_EXERCISE INPUTS_
'''

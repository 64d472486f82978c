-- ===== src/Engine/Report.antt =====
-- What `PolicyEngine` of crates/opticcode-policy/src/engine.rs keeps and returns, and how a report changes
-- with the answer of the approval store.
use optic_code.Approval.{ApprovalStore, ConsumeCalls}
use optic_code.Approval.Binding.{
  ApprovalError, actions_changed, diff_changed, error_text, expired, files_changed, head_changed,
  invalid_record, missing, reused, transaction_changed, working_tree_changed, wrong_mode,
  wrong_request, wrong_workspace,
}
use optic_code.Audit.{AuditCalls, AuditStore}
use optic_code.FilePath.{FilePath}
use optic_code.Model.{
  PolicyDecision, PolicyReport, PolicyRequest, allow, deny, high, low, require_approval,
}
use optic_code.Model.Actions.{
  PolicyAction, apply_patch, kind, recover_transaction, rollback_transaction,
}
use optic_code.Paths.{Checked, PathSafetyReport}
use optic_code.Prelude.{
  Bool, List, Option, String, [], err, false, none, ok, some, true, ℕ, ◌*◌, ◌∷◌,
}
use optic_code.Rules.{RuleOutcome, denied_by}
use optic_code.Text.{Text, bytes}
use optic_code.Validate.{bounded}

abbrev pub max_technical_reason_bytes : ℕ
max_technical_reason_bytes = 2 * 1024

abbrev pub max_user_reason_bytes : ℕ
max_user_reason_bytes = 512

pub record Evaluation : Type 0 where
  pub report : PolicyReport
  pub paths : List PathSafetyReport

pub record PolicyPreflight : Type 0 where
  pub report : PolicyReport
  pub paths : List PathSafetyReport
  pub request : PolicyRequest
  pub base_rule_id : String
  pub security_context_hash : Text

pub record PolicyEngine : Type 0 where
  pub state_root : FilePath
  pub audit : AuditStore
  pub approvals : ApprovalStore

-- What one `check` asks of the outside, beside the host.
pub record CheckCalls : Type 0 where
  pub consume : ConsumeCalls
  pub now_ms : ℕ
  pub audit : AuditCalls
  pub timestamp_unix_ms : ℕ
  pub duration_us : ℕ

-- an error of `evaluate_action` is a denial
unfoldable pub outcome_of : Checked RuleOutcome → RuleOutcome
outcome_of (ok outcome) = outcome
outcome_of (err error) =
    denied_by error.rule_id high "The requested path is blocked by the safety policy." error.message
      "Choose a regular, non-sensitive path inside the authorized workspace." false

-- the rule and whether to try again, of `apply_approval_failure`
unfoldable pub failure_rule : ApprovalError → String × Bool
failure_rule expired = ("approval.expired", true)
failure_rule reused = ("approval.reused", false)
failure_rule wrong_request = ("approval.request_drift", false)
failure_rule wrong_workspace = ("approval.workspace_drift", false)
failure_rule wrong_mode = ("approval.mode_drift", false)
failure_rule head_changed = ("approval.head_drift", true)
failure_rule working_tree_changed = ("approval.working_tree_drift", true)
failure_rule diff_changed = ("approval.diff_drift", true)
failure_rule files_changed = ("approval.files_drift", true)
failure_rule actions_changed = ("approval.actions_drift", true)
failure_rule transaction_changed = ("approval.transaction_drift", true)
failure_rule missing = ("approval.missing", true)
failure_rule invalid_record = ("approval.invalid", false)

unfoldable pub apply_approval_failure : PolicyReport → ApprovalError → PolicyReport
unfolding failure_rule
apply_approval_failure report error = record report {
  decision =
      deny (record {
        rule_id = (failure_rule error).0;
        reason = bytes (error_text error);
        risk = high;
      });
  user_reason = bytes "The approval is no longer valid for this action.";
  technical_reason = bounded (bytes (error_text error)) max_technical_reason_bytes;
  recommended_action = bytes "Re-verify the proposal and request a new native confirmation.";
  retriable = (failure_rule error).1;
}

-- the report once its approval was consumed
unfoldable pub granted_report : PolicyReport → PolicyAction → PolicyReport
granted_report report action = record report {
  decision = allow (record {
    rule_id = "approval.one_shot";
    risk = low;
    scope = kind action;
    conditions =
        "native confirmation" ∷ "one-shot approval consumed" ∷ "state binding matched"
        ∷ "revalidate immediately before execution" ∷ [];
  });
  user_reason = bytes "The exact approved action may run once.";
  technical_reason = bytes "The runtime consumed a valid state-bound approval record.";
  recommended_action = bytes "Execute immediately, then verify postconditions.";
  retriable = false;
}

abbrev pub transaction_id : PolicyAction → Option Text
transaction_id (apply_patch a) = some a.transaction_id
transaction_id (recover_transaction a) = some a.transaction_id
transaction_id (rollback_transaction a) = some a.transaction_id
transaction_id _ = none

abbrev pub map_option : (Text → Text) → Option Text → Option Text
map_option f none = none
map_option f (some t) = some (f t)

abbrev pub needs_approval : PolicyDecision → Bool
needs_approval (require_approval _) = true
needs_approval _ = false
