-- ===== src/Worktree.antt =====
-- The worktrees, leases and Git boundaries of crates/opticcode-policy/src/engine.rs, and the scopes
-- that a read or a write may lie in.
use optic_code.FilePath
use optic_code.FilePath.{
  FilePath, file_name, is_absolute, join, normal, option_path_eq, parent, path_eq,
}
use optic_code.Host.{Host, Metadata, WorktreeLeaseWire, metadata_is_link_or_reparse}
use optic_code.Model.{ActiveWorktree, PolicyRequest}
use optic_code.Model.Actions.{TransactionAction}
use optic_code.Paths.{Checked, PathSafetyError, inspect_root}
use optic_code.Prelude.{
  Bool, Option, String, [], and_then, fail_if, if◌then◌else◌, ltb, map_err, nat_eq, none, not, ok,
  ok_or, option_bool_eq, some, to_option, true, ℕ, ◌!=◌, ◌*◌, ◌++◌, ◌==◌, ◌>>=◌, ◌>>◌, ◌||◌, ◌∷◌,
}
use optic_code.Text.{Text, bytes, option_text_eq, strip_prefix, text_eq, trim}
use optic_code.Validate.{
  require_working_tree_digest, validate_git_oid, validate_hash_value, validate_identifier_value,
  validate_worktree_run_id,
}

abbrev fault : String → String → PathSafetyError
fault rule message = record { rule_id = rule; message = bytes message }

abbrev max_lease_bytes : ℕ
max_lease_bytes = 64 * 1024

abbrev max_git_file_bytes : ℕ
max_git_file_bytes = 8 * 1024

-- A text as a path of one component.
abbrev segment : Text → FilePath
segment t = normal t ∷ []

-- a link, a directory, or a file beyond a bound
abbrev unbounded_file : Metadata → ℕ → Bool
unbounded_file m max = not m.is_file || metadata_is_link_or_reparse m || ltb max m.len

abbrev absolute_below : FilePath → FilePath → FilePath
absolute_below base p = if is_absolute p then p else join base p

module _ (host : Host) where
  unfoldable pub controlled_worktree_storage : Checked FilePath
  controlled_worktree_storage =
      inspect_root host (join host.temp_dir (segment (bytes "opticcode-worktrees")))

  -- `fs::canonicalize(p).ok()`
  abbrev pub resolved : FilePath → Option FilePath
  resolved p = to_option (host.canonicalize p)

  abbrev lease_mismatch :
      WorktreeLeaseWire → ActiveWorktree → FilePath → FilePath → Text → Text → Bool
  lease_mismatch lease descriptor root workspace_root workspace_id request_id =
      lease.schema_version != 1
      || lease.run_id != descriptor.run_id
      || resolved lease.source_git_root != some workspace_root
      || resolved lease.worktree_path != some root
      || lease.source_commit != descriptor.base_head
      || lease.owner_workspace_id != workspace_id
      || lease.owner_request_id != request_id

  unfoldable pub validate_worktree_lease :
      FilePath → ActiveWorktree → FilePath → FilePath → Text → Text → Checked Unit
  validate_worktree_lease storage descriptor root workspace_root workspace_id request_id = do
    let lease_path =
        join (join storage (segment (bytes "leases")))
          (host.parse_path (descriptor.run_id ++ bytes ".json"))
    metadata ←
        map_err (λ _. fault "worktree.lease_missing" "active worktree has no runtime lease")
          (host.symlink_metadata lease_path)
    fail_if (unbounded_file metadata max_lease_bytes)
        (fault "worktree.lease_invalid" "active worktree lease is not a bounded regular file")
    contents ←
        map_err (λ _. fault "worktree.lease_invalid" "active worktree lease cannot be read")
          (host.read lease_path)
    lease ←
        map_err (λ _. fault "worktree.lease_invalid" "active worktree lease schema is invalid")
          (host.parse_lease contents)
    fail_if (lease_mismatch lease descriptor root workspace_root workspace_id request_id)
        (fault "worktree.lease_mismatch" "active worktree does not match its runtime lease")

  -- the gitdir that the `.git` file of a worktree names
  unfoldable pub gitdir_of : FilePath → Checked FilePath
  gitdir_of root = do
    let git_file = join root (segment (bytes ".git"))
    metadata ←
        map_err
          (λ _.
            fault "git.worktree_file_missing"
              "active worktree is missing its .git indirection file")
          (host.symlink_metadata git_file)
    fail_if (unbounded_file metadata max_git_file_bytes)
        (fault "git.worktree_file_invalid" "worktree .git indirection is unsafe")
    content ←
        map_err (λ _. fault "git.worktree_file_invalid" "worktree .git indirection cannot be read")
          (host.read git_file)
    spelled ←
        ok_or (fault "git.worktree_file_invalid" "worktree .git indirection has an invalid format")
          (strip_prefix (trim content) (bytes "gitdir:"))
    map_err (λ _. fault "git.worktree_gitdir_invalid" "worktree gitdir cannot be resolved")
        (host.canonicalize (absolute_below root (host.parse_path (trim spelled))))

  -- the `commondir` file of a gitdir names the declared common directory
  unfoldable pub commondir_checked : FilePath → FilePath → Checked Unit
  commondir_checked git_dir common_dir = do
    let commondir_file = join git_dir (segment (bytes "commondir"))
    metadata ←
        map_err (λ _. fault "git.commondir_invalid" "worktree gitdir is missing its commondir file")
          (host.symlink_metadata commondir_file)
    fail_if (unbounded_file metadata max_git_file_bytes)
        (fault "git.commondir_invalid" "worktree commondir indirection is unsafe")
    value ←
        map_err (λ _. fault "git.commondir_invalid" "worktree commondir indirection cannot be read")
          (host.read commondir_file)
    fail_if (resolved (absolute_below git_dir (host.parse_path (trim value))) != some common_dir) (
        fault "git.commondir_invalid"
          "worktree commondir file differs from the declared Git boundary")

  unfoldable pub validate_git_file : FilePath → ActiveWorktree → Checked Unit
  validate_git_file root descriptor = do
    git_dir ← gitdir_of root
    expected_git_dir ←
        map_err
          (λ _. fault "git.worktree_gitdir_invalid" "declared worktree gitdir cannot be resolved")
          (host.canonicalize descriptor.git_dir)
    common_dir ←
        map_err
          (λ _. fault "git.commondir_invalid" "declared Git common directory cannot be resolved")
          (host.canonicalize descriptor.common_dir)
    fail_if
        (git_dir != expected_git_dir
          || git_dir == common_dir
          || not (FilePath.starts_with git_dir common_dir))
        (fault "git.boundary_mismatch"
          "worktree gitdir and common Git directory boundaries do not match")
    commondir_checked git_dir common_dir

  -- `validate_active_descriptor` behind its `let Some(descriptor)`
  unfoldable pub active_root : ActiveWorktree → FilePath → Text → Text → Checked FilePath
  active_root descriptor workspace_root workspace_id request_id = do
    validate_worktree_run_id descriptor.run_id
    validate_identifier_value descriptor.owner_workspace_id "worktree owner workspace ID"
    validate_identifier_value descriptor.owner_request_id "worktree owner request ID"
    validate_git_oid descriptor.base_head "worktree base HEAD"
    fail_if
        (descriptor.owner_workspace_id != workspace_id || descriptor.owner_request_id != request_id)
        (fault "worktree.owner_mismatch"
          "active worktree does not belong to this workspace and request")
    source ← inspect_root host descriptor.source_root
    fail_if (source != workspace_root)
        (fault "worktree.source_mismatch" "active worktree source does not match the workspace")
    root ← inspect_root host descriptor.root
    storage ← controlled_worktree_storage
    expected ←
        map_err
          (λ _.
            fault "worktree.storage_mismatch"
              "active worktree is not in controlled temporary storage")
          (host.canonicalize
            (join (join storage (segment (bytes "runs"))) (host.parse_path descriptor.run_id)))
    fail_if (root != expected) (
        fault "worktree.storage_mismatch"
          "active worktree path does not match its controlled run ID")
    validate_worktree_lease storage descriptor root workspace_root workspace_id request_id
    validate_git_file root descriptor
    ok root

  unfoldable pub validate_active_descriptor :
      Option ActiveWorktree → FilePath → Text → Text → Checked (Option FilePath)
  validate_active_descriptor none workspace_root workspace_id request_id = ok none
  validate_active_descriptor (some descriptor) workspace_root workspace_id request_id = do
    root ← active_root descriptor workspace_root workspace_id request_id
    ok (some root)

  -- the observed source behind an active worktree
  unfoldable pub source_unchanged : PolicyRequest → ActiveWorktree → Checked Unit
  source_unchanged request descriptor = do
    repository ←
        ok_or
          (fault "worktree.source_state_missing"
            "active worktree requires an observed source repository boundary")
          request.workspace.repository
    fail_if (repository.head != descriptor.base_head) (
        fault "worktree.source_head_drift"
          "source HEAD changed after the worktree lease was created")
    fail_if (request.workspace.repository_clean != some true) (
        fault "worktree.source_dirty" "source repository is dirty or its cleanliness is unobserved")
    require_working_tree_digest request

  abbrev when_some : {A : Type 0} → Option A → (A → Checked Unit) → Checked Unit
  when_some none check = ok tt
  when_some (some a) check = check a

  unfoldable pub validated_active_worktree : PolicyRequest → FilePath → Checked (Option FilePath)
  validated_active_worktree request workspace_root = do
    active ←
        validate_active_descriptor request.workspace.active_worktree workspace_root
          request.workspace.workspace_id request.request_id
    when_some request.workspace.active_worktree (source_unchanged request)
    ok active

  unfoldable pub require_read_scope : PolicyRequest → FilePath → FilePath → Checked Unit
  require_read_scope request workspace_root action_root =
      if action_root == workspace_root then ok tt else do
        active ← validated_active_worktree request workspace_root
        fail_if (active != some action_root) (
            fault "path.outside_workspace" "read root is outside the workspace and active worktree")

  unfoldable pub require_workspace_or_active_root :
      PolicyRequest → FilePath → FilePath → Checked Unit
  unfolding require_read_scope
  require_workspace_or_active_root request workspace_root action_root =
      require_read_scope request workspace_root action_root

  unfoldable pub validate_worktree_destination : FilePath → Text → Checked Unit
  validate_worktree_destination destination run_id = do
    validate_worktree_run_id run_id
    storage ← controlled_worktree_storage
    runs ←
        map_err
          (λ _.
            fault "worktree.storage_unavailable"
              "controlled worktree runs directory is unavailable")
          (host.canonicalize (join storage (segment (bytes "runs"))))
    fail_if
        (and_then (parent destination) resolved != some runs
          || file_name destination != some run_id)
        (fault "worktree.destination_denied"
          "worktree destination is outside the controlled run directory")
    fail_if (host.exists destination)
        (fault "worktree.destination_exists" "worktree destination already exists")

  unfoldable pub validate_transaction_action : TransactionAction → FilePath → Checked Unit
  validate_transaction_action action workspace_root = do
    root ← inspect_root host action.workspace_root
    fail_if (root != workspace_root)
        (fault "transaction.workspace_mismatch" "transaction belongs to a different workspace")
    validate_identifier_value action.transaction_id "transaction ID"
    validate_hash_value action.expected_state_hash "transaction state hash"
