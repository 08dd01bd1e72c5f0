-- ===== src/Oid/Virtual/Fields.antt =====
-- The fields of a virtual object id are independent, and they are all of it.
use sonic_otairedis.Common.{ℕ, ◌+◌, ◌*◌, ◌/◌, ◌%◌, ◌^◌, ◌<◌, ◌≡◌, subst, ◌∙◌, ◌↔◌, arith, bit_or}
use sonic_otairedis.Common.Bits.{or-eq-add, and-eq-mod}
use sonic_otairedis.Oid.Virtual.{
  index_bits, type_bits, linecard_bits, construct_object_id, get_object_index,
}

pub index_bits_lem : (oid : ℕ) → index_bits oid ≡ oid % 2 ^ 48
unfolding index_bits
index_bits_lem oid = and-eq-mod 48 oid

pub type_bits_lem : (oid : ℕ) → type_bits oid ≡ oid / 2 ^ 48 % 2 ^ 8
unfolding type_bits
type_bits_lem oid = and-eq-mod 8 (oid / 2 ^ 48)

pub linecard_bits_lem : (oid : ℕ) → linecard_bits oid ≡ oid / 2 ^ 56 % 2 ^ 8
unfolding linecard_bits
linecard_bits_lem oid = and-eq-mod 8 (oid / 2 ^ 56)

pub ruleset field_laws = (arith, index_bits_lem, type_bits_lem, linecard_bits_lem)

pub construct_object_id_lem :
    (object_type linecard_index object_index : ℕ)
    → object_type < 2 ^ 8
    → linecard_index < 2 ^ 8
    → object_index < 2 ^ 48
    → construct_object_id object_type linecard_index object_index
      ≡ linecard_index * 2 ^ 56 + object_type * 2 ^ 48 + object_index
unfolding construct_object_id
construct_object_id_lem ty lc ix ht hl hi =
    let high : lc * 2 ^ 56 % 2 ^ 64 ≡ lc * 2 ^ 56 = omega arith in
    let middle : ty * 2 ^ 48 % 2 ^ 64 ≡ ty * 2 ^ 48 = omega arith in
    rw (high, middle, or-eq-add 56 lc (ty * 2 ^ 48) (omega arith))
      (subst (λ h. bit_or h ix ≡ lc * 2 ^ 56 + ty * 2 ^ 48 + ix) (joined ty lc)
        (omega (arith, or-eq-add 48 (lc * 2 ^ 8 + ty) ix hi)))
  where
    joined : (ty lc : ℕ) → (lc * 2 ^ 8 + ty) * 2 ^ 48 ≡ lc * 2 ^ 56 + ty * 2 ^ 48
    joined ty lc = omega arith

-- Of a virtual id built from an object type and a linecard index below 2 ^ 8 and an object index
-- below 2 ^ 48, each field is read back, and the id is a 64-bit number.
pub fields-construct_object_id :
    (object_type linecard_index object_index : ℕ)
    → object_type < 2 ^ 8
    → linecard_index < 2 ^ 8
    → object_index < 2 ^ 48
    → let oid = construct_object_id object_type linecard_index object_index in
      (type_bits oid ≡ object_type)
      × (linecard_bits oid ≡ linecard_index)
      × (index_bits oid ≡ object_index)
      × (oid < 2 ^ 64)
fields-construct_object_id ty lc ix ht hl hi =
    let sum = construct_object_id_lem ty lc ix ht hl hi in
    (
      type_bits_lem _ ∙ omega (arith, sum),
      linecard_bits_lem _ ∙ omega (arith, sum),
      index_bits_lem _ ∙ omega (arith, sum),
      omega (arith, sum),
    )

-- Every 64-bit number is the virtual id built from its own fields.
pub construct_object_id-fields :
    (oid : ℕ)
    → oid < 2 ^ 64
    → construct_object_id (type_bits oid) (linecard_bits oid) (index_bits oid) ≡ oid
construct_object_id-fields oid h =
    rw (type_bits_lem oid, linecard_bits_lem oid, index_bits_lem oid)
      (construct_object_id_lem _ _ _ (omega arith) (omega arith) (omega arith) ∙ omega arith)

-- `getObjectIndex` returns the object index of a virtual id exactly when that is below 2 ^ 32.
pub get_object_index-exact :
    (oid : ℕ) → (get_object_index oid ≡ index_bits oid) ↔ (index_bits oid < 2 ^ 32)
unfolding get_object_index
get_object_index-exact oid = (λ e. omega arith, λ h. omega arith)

'''

Search the listing above for the lines with "(FilePath.starts_with git_dir common_dir))" and "-- the observed", then output those lines and all lines between them exactly.

          || not (FilePath.starts_with git_dir common_dir))
        (fault "git.boundary_mismatch"
          "worktree gitdir and common Git directory boundaries do not match")
    commondir_checked git_dir common_dir

  -- `validate_active_descriptor` behind its `let Some(descriptor)`
  unfoldable pub active_root : ActiveWorktree → FilePath → Text → Text → Checked FilePath
  active_root descriptor workspace_root workspace_id request_id = do
    validate_worktree_run_id descriptor.run_id
    validate_identifier_value descriptor.owner_workspace_id "worktree owner workspace ID"
    validate_identifier_value descriptor.owner_request_id "worktree owner request ID"
    validate_git_oid descriptor.base_head "worktree base HEAD"
    fail_if
        (descriptor.owner_workspace_id != workspace_id || descriptor.owner_request_id != request_id)
        (fault "worktree.owner_mismatch"
          "active worktree does not belong to this workspace and request")
    source ← inspect_root host descriptor.source_root
    fail_if (source != workspace_root)
        (fault "worktree.source_mismatch" "active worktree source does not match the workspace")
    root ← inspect_root host descriptor.root
    storage ← controlled_worktree_storage
    expected ←
        map_err
          (λ _.
            fault "worktree.storage_mismatch"
              "active worktree is not in controlled temporary storage")
          (host.canonicalize
            (join (join storage (segment (bytes "runs"))) (host.parse_path descriptor.run_id)))
    fail_if (root != expected) (
        fault "worktree.storage_mismatch"
          "active worktree path does not match its controlled run ID")
    validate_worktree_lease storage descriptor root workspace_root workspace_id request_id
    validate_git_file root descriptor
    ok root

  unfoldable pub validate_active_descriptor :
      Option ActiveWorktree → FilePath → Text → Text → Checked (Option FilePath)
  validate_active_descriptor none workspace_root workspace_id request_id = ok none
  validate_active_descriptor (some descriptor) workspace_root workspace_id request_id = do
    root ← active_root descriptor workspace_root workspace_id request_id
    ok (some root)

  -- the observed source behind an active worktree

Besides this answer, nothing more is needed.